In the listing that follows, locate the line containing "count_result cancelled c" and the line containing "count_result skipped c". Retype exactly those two lines and every line between them, and nothing more.
□ □ □
-- ===== src/Job/Stat.antt =====
-- core/bin/job/stat.rs: how many jobs there are, and how many there were.
pub mod Counted
use sysmaster.Base.{
  ℕ, ◌+◌, ◌-◌, ◌%◌, Bool, true, false, not, ◌||◌, List, [], ◌∷◌, Option, none, some, length, ltb,
  assert, ◌>>=◌, ◌>>◌, if◌then◌else◌,
}
use sysmaster.Job.Kind.{
  JobKind, start, stop, reload, restart, verify, nop, JobResult, done, cancelled, time_out, failed,
  dependency, skipped, invalid, assertion, un_supported, collected, once, merged, JobStage, end,
}
use sysmaster.Job.Entry.{Job}

-- 2^64, the size of `usize`.
abbrev pub usize : ℕ
usize = 18446744073709551616

-- Did it overflow, and the value, which stays if it did.
unfoldable pub value_try_add : ℕ → ℕ → Bool × ℕ
value_try_add value add =
    if ltb (value + add) usize then (false, (value + add) % usize) else (true, value)

unfoldable pub value_try_sub : ℕ → ℕ → Bool × ℕ
value_try_sub value sub = if ltb value sub then (true, value) else (false, value - sub)

pub record JobKindNum : Type 0 where
  pub start : ℕ
  pub stop : ℕ
  pub reload : ℕ
  pub restart : ℕ
  pub verify : ℕ
  pub nop : ℕ

abbrev pub new_kind_num : JobKindNum
new_kind_num = record { start = 0; stop = 0; reload = 0; restart = 0; verify = 0; nop = 0 }

-- One job of `adds` or `dels`: `op` is `value_try_add` or `value_try_sub` on the field of its kind.
-- `none` is `unreachable!`, or the overflow that is asserted not to be.
abbrev pub change_kind : JobKind → (ℕ → Bool × ℕ) → JobKindNum → Option JobKindNum
change_kind start op n = let (o, v) = op n.start in do assert (not o); some (record n { start = v })
change_kind stop op n = let (o, v) = op n.stop in do assert (not o); some (record n { stop = v })
change_kind reload op n =
    let (o, v) = op n.reload in do assert (not o); some (record n { reload = v })
change_kind restart op n =
    let (o, v) = op n.restart in do assert (not o); some (record n { restart = v })
change_kind verify op n =
    let (o, v) = op n.verify in do assert (not o); some (record n { verify = v })
change_kind nop op n = let (o, v) = op n.nop in do assert (not o); some (record n { nop = v })
change_kind _ op n = none

unfoldable pub add_kinds : List Job → JobKindNum → Option JobKindNum
unfolding value_try_add
add_kinds [] n = some n
add_kinds (job ∷ jobs) n = do
  n' ← change_kind job.kind (λ v. value_try_add v 1) n
  add_kinds jobs n'

unfoldable pub del_kinds : List Job → JobKindNum → Option JobKindNum
unfolding value_try_sub
del_kinds [] n = some n
del_kinds (job ∷ jobs) n = do
  n' ← change_kind job.kind (λ v. value_try_sub v 1) n
  del_kinds jobs n'

-- `JobKindNum::update`
unfoldable pub update_kind_num : List Job → List Job → JobKindNum → Option JobKindNum
unfolding add_kinds del_kinds
update_kind_num adds dels n = do n' ← add_kinds adds n; del_kinds dels n'

pub record JobStageNum : Type 0 where
  pub wait : ℕ
  pub running : ℕ

abbrev pub new_stage_num : JobStageNum
new_stage_num = record { wait = 0; running = 0 }

pub record JobNum : Type 0 where
  pub kind : JobKindNum
  pub stage : JobStageNum

pub record JobResultCnt : Type 0 where
  pub done : ℕ
  pub cancelled : ℕ
  pub timeout : ℕ
  pub failed : ℕ
  pub dependency : ℕ
  pub skipped : ℕ
  pub invalid : ℕ
  pub assertion : ℕ
  pub unsupported : ℕ
  pub collected : ℕ
  pub once : ℕ
  pub merged : ℕ

abbrev pub new_result_cnt : JobResultCnt
new_result_cnt = record {
  done = 0;
  cancelled = 0;
  timeout = 0;
  failed = 0;
  dependency = 0;
  skipped = 0;
  invalid = 0;
  assertion = 0;
  unsupported = 0;
  collected = 0;
  once = 0;
  merged = 0;
}

-- The `match` of `JobResultCnt::update`: the overflow, and the counts.
abbrev pub count_result : JobResult → JobResultCnt → Bool × JobResultCnt
unfolding value_try_add
count_result done c = let (o, v) = value_try_add c.done 1 in (o, record c { done = v })
count_result cancelled c =
    let (o, v) = value_try_add c.cancelled 1 in (o, record c { cancelled = v })
count_result time_out c = let (o, v) = value_try_add c.timeout 1 in (o, record c { timeout = v })
count_result failed c = let (o, v) = value_try_add c.failed 1 in (o, record c { failed = v })
count_result dependency c =
    let (o, v) = value_try_add c.dependency 1 in (o, record c { dependency = v })
count_result skipped c = let (o, v) = value_try_add c.skipped 1 in (o, record c { skipped = v })
count_result invalid c = let (o, v) = value_try_add c.invalid 1 in (o, record c { invalid = v })
count_result assertion c =
    let (o, v) = value_try_add c.assertion 1 in (o, record c { assertion = v })
count_result un_supported c =
    let (o, v) = value_try_add c.unsupported 1 in (o, record c { unsupported = v })
count_result collected c =
    let (o, v) = value_try_add c.collected 1 in (o, record c { collected = v })
count_result once c = let (o, v) = value_try_add c.once 1 in (o, record c { once = v })
count_result merged c = let (o, v) = value_try_add c.merged 1 in (o, record c { merged = v })

-- Only a job that ended counts.
abbrev pub count_stage : JobStage → JobResultCnt → Bool × JobResultCnt
count_stage (end r) c = count_result r c
count_stage _ c = (false, c)

-- `JobResultCnt::update`, with the overflow so far.
unfoldable pub update_result_cnt : Bool → List Job → JobResultCnt → Bool × JobResultCnt
unfolding count_result
update_result_cnt overflow [] c = (overflow, c)
update_result_cnt overflow (job ∷ dels) c =
    let (o, c') = count_stage job.stage c in update_result_cnt (overflow || o) dels c'

pub record JobOpCnt : Type 0 where
  pub add : ℕ
  pub update : ℕ
  pub del : ℕ

abbrev pub new_op_cnt : JobOpCnt
new_op_cnt = record { add = 0; update = 0; del = 0 }

-- `JobOpCnt::update`
unfoldable pub update_op_cnt : List Job → List Job → List Job → JobOpCnt → Bool × JobOpCnt
unfolding value_try_add
update_op_cnt adds dels updates c =
    let (o1, a) = value_try_add c.add (length adds) in
    let (o2, d) = value_try_add c.del (length dels) in
    let (o3, u) = value_try_add c.update (length updates) in
    (o1 || o2 || o3, record { add = a; update = u; del = d })

pub record JobCnt : Type 0 where
  pub result : JobResultCnt
  pub op : JobOpCnt

-- `JobCnt::update`
unfoldable pub update_cnt : List Job → List Job → List Job → JobCnt → Bool × JobCnt
unfolding update_result_cnt update_op_cnt
update_cnt adds dels updates c =
    let (o, r) = update_result_cnt false dels c.result in
    let (o', p) = update_op_cnt adds dels updates c.op in (o || o', record { result = r; op = p })

-- `JobStatData`
pub record JobStat : Type 0 where
  pub num : JobNum
  pub cnt : JobCnt

abbrev pub new_stat : JobStat
new_stat = record {
  num = record { kind = new_kind_num; stage = new_stage_num };
  cnt = record { result = new_result_cnt; op = new_op_cnt };
}

unfoldable pub update_changes : List Job → List Job → List Job → JobStat → Option JobStat
unfolding update_kind_num update_cnt
update_changes adds dels updates s = do
  k ← update_kind_num adds dels s.num.kind
  let (overflow, c) = update_cnt adds dels updates s.cnt in
      some (record { num = record (s.num) { kind = k }; cnt = c })

abbrev pub change_to_changes : Option Job → List Job
change_to_changes none = []
change_to_changes (some j) = j ∷ []

unfoldable pub update_change : Option Job → Option Job → Option Job → JobStat → Option JobStat
unfolding update_changes
update_change add del update s =
    update_changes (change_to_changes add) (change_to_changes del) (change_to_changes update) s

unfoldable pub clear_cnt : JobStat → JobStat
clear_cnt s = record s { cnt = record { result = new_result_cnt; op = new_op_cnt } }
□ □ □
[RESPONSE BELOW]:
count_result cancelled c =
    let (o, v) = value_try_add c.cancelled 1 in (o, record c { cancelled = v })
count_result time_out c = let (o, v) = value_try_add c.timeout 1 in (o, record c { timeout = v })
count_result failed c = let (o, v) = value_try_add c.failed 1 in (o, record c { failed = v })
count_result dependency c =
    let (o, v) = value_try_add c.dependency 1 in (o, record c { dependency = v })
count_result skipped c = let (o, v) = value_try_add c.skipped 1 in (o, record c { skipped = v })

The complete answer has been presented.